Originally Posted by
Softa
Of course I use the safe removal, but what does that matter, as the issue cropped up the first time I inserted it. When I first tried to use the drive, it had the filesystem on it that it was formatted with at the factory, probably FAT32, and when I reformatted it, that's what I gave it.
It matters for a number of reasons.
FAT32 permissions are controlled through mount options. It is possible that whoever first connected the flash drive setup the mount options to work for just their userid. NTFS, exFAT, and other non-Linux file systems have this problem.
The mount options are what matter. Let me try to find a FAT32 flash device.
Ok - found one:
Code:
$ lsblk -e 7 -o name,size,type,fstype,mountpoint
NAME SIZE TYPE FSTYPE MOUNTPOINT
sdb 962M disk
└─sdb1 961M part vfat
Let's mount with default options:
Code:
$ sudo mount /dev/sdb1 2/
$ mount |egrep 'sdb1|Avail'
/dev/sdb1 on /mnt/2 type vfat (rw,relatime,fmask=0022,dmask=0022,codepage=437,iocharset=iso8859-1,shortname=mixed,errors=remount-ro)
/mnt/2$ ll
total 8
drwxr-xr-x 2 root root 4096 Dec 31 1969 ./
drwxr-xr-x 7 root root 4096 Sep 4 07:57 ../
So root:root are the owner and group.

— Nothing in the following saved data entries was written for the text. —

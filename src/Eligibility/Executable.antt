-- ===== src/Eligibility/Executable.antt =====
-- src/eligibility.ts: what `commonFailure` lets through.
use herdr_harness_lite.Base.{
  String, ℕ, ◌≡◌, refl, true, none, List, [], ◌∷◌, arith, In, All, filter, is_empty, nat_eq,
  string_eq,
}
use herdr_harness_lite.Base.Membership.{includes→In, In→includes}
use herdr_harness_lite.Model.Issue.{opened, closed, issue_state_eq, IssueReference, IssueSnapshot}
use herdr_harness_lite.Eligibility.{common_failure, is_open}

-- An issue that may be claimed: OPEN, with the label, of nobody, with no OPEN blocker, and not yet
-- in the ledger.
pub record IsExecutable (issue : IssueSnapshot) (label : String) (claimed : List ℕ) : Type 0 where
  pub is_opened : issue.state ≡ opened
  pub is_ready : In label issue.labels
  pub is_free : issue.assignees ≡ []
  pub is_unblocked : All (λ b. b.state ≡ closed) issue.blocked_by
  pub is_new : In issue.number claimed → ⊥

no_open→All :
    (rs : List IssueReference)
    → is_empty (filter is_open rs) ≡ true
    → All (λ b. b.state ≡ closed) rs
unfolding filter
no_open→All [] h = tt
no_open→All (r ∷ rs) h = ground (arith, no_open→All rs)

All→no_open :
    (rs : List IssueReference)
    → All (λ b. b.state ≡ closed) rs
    → is_empty (filter is_open rs) ≡ true
unfolding filter
All→no_open [] h = refl
All→no_open (r ∷ rs) h = ground (arith, All→no_open rs)

pub common_failure→IsExecutable :
    (issue : IssueSnapshot) (label : String) (claimed : List ℕ)
    → common_failure issue label claimed ≡ none
    → IsExecutable issue label claimed
unfolding common_failure
common_failure→IsExecutable issue label claimed h = record {
  is_opened = ground arith;
  is_ready = ground (arith, includes→In issue.labels label);
  is_free = ground arith;
  is_unblocked = no_open→All issue.blocked_by (ground arith);
  is_new = λ m. ground (arith, In→includes claimed issue.number m);
}

pub IsExecutable→common_failure :
    (issue : IssueSnapshot) (label : String) (claimed : List ℕ)
    → IsExecutable issue label claimed
    → common_failure issue label claimed ≡ none
unfolding common_failure
IsExecutable→common_failure issue label claimed h = ground (
  arith,
  In→includes issue.labels label h.is_ready,
  All→no_open issue.blocked_by h.is_unblocked,
  includes→In claimed issue.number,
  h.is_new,
)
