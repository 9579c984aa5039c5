-- ===== src/Eligibility/Frontier.antt =====
-- src/eligibility.ts: what a round of either loop finds.
use herdr_harness_lite.Base.{
  ℕ, String, ◌≡◌, ◌⊎◌, true, none, some, List, [], ◌∷◌, arith, ◌==◌, nat_eq, string_eq, option_eq,
  length, first, find, In, Option-cases, inl, inr,
}
use herdr_harness_lite.Base.Membership.{find-In, In-reverse}
use herdr_harness_lite.Model.Issue.{
  opened, closed, issue_state_eq, IssueReference, IssueSnapshot, SelectedTask,
}
use herdr_harness_lite.Eligibility.{
  map_container, is_open, by_number, child_owners, judge_frontier, SelectionDiagnostic,
  find_frontier, map_round, standalone_round,
}
use herdr_harness_lite.Eligibility.Executable.{
  IsExecutable, common_failure→IsExecutable, IsExecutable→common_failure,
}

-- `n` is the number of the first OPEN reference: those that stand before it are CLOSED.
abbrev pub IsFirstOpen : ℕ → List IssueReference → Type 0
IsFirstOpen n [] = ⊥
IsFirstOpen n (r ∷ rs) =
    ((r.state ≡ opened) × (r.number ≡ n)) ⊎ ((r.state ≡ closed) × IsFirstOpen n rs)

find-IsFirstOpen :
    (rs : List IssueReference) (r : IssueReference)
    → find is_open rs ≡ some r
    → IsFirstOpen r.number rs
unfolding find
find-IsFirstOpen [] r h = cc
find-IsFirstOpen (x ∷ rs) r h = ground (arith, find-IsFirstOpen rs r)

module _ (snapshots : List IssueSnapshot) (label : String) (claimed : List ℕ) where
  -- A task from a Map: the Map is listed, active and nobody's child, and the task is its first OPEN
  -- child, which is its own parent's only, no Map itself, and executable.
  pub record IsFrontierOf (m : IssueSnapshot) (t : SelectedTask) : Type 0 where
    pub active : IsExecutable m label claimed
    pub top_level : m.parent_number ≡ none
    pub from_map : t.map_number ≡ some m.number
    pub keyed : t.selection_key ≡ m.number
    pub listed : In t.issue snapshots
    pub first_open : IsFirstOpen t.issue.number m.sub_issues
    pub sole_owner : child_owners snapshots t.issue.number ≡ m.number ∷ []
    pub child_of : t.issue.parent_number ≡ some m.number
    pub leaf : t.issue.sub_issues ≡ []
    pub executable : IsExecutable t.issue label claimed

  -- A task outside every Map.
  pub record IsStandalone (t : SelectedTask) : Type 0 where
    pub no_map : t.map_number ≡ none
    pub keyed : t.selection_key ≡ t.issue.number
    pub no_parent : t.issue.parent_number ≡ none
    pub no_owner : child_owners snapshots t.issue.number ≡ []
    pub leaf : t.issue.sub_issues ≡ []
    pub executable : IsExecutable t.issue label claimed

  by_number_lem :
      (n : ℕ) (i : IssueSnapshot) → by_number snapshots n ≡ some i → In i snapshots × (i.number ≡ n)
  unfolding by_number
  by_number_lem n i h =
      let (listed, same) = find-In (λ j. j.number == n) _ i h in
      (In-reverse i snapshots listed, ground arith)

  sole_owner_lem :
      (xs : List ℕ) (n : ℕ) → (length xs == 1) ≡ true → (first xs == some n) ≡ true → xs ≡ n ∷ []
  sole_owner_lem [] n h k = ground arith
  sole_owner_lem (x ∷ []) n h k = ground arith
  sole_owner_lem (x ∷ y ∷ xs) n h k = ground arith

  -- What the rest of a round needs to know of the Map.
  record IsActiveMap (m : IssueSnapshot) : Type 0 where
    active : IsExecutable m label claimed
    top_level : m.parent_number ≡ none

  judge_frontier-IsFrontierOf :
      (notes : List SelectionDiagnostic) (m frontier : IssueSnapshot) (t : SelectedTask)
      → IsActiveMap m
      → In frontier snapshots
      → IsFirstOpen frontier.number m.sub_issues
      → (judge_frontier snapshots label claimed notes m frontier).found ≡ some t
      → IsFrontierOf m t
  unfolding judge_frontier
  judge_frontier-IsFrontierOf notes m frontier t am listed firstly h = ground (
    arith,
    sole_owner_lem (child_owners snapshots frontier.number) m.number,
    common_failure→IsExecutable frontier label claimed,
  )

  find_frontier-IsFrontierOf :
      (notes : List SelectionDiagnostic) (m : IssueSnapshot) (t : SelectedTask)
      → IsActiveMap m
      → (find_frontier snapshots label claimed notes m).found ≡ some t
      → IsFrontierOf m t
  unfolding find_frontier
  find_frontier-IsFrontierOf notes m t am h = elim (Option-cases (find is_open m.sub_issues)) [
    | inl missing ↦ ground arith
    | inr (ref, firstly) ↦ elim (Option-cases (by_number snapshots ref.number)) [
      | inl missing ↦ ground arith
      | inr (frontier, got) ↦
          let (listed, same) = by_number_lem ref.number frontier got in
          let firstly' = find-IsFirstOpen m.sub_issues ref firstly in
          ground
            (arith, judge_frontier-IsFrontierOf notes m frontier t am listed (rw same firstly'))
    ]
  ]

  -- What a round over the Maps finds is the frontier of its Map.
  pub map_round-IsFrontierOf :
      (m : IssueSnapshot) (t : SelectedTask)
      → (map_round snapshots label claimed m).found ≡ some t
      → IsFrontierOf m t
  unfolding map_round
  map_round-IsFrontierOf m t h = ground (
    arith,
    common_failure→IsExecutable m label claimed,
    find_frontier-IsFrontierOf
        (record {
          issue_number = m.number;
          reason = map_container;
          detail = "Map is a sequencing container and is never claimed";
        }
          ∷ [])
        m t,
  )

  -- What a round over the other issues finds is that issue, outside every Map.
  pub standalone_round-IsStandalone :
      (i : IssueSnapshot) (t : SelectedTask)
      → (standalone_round snapshots label claimed i).found ≡ some t
      → (t.issue ≡ i) × IsStandalone t
  unfolding standalone_round
  standalone_round-IsStandalone i t h = ground (arith, common_failure→IsExecutable i label claimed)

  -- Every executable issue that is no Map, has no parent and is nobody's child is found.
  pub standalone_round_complete :
      (i : IssueSnapshot)
      → i.sub_issues ≡ []
      → i.parent_number ≡ none
      → child_owners snapshots i.number ≡ []
      → IsExecutable i label claimed
      → (standalone_round snapshots label claimed i).found
        ≡ some (record { issue = i; map_number = none; selection_key = i.number })
  unfolding standalone_round
  standalone_round_complete i leaf top free x =
      ground (arith, IsExecutable→common_failure i label claimed x)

That isn't very useful. To mount with useful options ... hummmm. First I need to umount it. Done. Let's try that mount again, but gather the uid and gid first:
Code:
$ id
uid=1000(tf) gid=1000(tf) groups=1000(tf),4(adm),24(cdrom),27(sudo),29(audio),30(dip),46(plugdev),110(lxd),116(libvirtd),117(lpadmin),118(sambashare)

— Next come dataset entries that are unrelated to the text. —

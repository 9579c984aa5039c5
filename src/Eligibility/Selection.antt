-- ===== src/Eligibility/Selection.antt =====
-- src/eligibility.ts: `selectNextTask` as a whole.
use herdr_harness_lite.Eligibility.{
  rounds_found, Round, task_order, select_next_task, number_order, map_round, standalone_round,
  child_owners,
}
use herdr_harness_lite.Model.Issue.{SelectedTask, IssueSnapshot}
use herdr_harness_lite.Base.{
  List, String, In, ℕ, sort_by, inl, inr, ◌≡◌, some, true, false, ◌∷◌, arith, ◌⊎◌, Option-cases,
  none, ◌++◌, first, [], refl, All,
}
use herdr_harness_lite.Eligibility.Frontier.{
  IsFrontierOf, IsStandalone, map_round-IsFrontierOf, standalone_round-IsStandalone,
  standalone_round_complete,
}
use herdr_harness_lite.Base.Membership.{In-append, All-In, In-append_right, In-All}
use herdr_harness_lite.Base.Sorting.{In-sort_by, IsSorted, sort_by-IsSorted, sort_by-In}
use herdr_harness_lite.Eligibility.Executable.{IsExecutable}

rounds_found-In :
    (round : IssueSnapshot → Round) (is : List IssueSnapshot) (t : SelectedTask)
    → In t (rounds_found round is)
    → (i : IssueSnapshot) × In i is × ((round i).found ≡ some t)
unfolding rounds_found
rounds_found-In round [] t m = absurd m
rounds_found-In round (i ∷ is) t m = elim (Option-cases ((round i).found)) [
  | inl nothing ↦
      let (j, listed, found) = rounds_found-In round is t (rw (nothing, rounds_found) at m) in
      (j, inr listed, found)
  | inr (s, e) ↦ elim (split s e) [
    | inl same ↦ (i, inl refl, ground arith)
    | inr later ↦
        let (j, listed, found) = rounds_found-In round is t later in (j, inr listed, found)
  ]
]
  where
    split : (s : SelectedTask) → (round i).found ≡ some s → (t ≡ s) ⊎ In t (rounds_found round is)
    split s e = ground arith

In-rounds_found :
    (round : IssueSnapshot → Round) (is : List IssueSnapshot) (i : IssueSnapshot) (t : SelectedTask)
    → In i is
    → (round i).found ≡ some t
    → In t (rounds_found round is)
unfolding rounds_found
In-rounds_found round [] i t m e = absurd m
In-rounds_found round (j ∷ is) i t m e = ground (arith, In-rounds_found round is i t)

task_order_total : (a b : SelectedTask) → task_order a b ≡ false → task_order b a ≡ true
task_order_total a b h = ground arith

task_order_trans :
    (a b c : SelectedTask) → task_order a b ≡ true → task_order b c ≡ true → task_order a c ≡ true
task_order_trans a b c h k = ground arith

-- A task that may be executed: the frontier of a listed Map, or a listed issue outside every Map.
pub data IsEligible (snapshots : List IssueSnapshot) (label : String) (claimed : List ℕ)
    (t : SelectedTask) : Type 0 where
  from_map :
      (m : IssueSnapshot)
      → In m snapshots
      → IsFrontierOf snapshots label claimed m t
      → IsEligible snapshots label claimed t
  alone :
      In t.issue snapshots
      → IsStandalone snapshots label claimed t
      → IsEligible snapshots label claimed t

module _ (snapshots : List IssueSnapshot) (label : String) (claimed : List ℕ) where
  -- Every task that is listed as eligible is eligible.
  pub eligible-IsEligible :
      (t : SelectedTask)
      → In t (select_next_task snapshots label claimed).eligible
      → IsEligible snapshots label claimed t
  unfolding select_next_task
  eligible-IsEligible t m =
      let sorted = sort_by number_order snapshots in
      let maps = map_round snapshots label claimed in
      let singles = standalone_round snapshots label claimed in
      elim (In-append t (rounds_found maps sorted) (rounds_found singles sorted)
        (In-sort_by task_order t _ m)) [
          | inl left ↦
              let (i, listed, found) = rounds_found-In maps sorted t left in
              from_map i (In-sort_by number_order i snapshots listed)
                (map_round-IsFrontierOf snapshots label claimed i t found)
          | inr right ↦
              let (i, listed, found) = rounds_found-In singles sorted t right in
              let (same, ok) = standalone_round-IsStandalone snapshots label claimed i t found in
              alone (rw same (In-sort_by number_order i snapshots listed)) ok
        ]

  first-In : (ts : List SelectedTask) (t : SelectedTask) → first ts ≡ some t → In t ts
  first-In [] t h = cc
  first-In (x ∷ ts) t h = ground arith

  first-least :
      (ts : List SelectedTask) (t u : SelectedTask)
      → IsSorted task_order ts
      → first ts ≡ some t
      → In u ts
      → task_order t u ≡ true
  first-least [] t u s h m = cc
  first-least (x ∷ ts) t u s h m = ground (arith, All-In (λ y. task_order x y ≡ true) ts u s.0)

  -- If `select_next_task` selects a task, then the task is the frontier of a listed Map or an executable
  -- standalone issue, and no task of `eligible` stands before it in the order of key and issue number.
  pub selected_lem :
      (t : SelectedTask)
      → (select_next_task snapshots label claimed).selected ≡ some t
      → IsEligible snapshots label claimed t
        × All (λ u. task_order t u ≡ true) (select_next_task snapshots label claimed).eligible
  unfolding select_next_task
  selected_lem t h =
      let found =
        rounds_found (map_round snapshots label claimed) (sort_by number_order snapshots)
        ++ rounds_found (standalone_round snapshots label claimed)
            (sort_by number_order snapshots) in
      let sorted = sort_by-IsSorted task_order task_order_total task_order_trans found in
      (
        eligible-IsEligible t (first-In (sort_by task_order found) t h),
        In-All (λ u. task_order t u ≡ true) (sort_by task_order found)
            (λ u m. first-least (sort_by task_order found) t u sorted h m),
      )

  -- A listed executable issue that is no Map, has no parent and is not listed as a child of any
  -- snapshot is among the eligible tasks, whatever else is in the queue.
  pub standalone_eligible :
      (i : IssueSnapshot)
      → In i snapshots
      → i.sub_issues ≡ []
      → i.parent_number ≡ none
      → child_owners snapshots i.number ≡ []
      → IsExecutable i label claimed
      → In
          (record { issue = i; map_number = none; selection_key = i.number })
          (select_next_task snapshots label claimed).eligible
  unfolding select_next_task
  standalone_eligible i m leaf top free x =
      let sorted = sort_by number_order snapshots in
      let maps = map_round snapshots label claimed in
      let singles = standalone_round snapshots label claimed in
      let task : SelectedTask = record { issue = i; map_number = none; selection_key = i.number } in
      sort_by-In task_order task (rounds_found maps sorted ++ rounds_found singles sorted) (
        In-append_right task (rounds_found maps sorted) (rounds_found singles sorted) (
          In-rounds_found singles sorted i task (sort_by-In number_order i snapshots m)
            (standalone_round_complete snapshots label claimed i leaf top free x)))

  -- If no task is selected then none is eligible.
  pub selected-eq-none :
      (select_next_task snapshots label claimed).selected ≡ none
      → (select_next_task snapshots label claimed).eligible ≡ []
  unfolding select_next_task
  selected-eq-none h = go _ h
    where
      go : (ts : List SelectedTask) → first ts ≡ none → ts ≡ []
      go [] h = refl
      go (t ∷ ts) h = cc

/mnt$ sudo mount -o uid=1000,gid=1000 /dev/sdb1 2/
/mnt$ touch 2/my-new-file
/mnt$ ls -la 2/
total 8
drwxr-xr-x 2 tf tf 4096 Dec 31 1969 ./
drwxr-xr-x 7 root root 4096 Sep 4 07:57 ../
-rwxr-xr-x 1 tf tf 0 Nov 27 08:59 my-new-file*
Perfect.
The uid needed was found using the 'id' command, as shown above. Same for the gid. The owner and group for the mount matter. There are other options.

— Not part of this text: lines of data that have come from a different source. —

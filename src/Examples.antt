-- ===== src/Examples.antt =====
-- Tests: the data of concrete runs, and the theorems applied to them.
pub mod Data
mod Selection
mod Decisions
mod Runs
mod Lanes
mod Lifecycle
mod Timeouts
mod Fleet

If 'id' said your uid or gid were 1009 and 1010, then use those numbers, respectively. System accounts have uids less than 1000. The first account on any Ubuntu system, created at install time will begin from 1000 and increment by 1 for each new userid created. Whatever the highest number is plus 1 more, will get selected when a new userid is created. The method doesn't reuse old, deleted, accounts. I think it is a 32-bit number, so 64K accounts (64535?) are allowed. The most I've ever seen used on a network was around 8,000 userids.
I'm almost positive there is an easier way to accomplish this. I don't mount storage in this way, but the method I use has some setup using a tool called autofs tied to the LABEL for mount locations. I'm betting that others here know an easier, GUI, way?
Or just use f2fs which honors all Unix ownership, groups, permissions, ACLs, and xattrs. Then we can just use normal Unix permission management tools - chown, chmod, chgrp and don't need to worry about mount options. f2fs is supported on Android now and it is faster than ext4 while being kind to flash storage with fewer writes.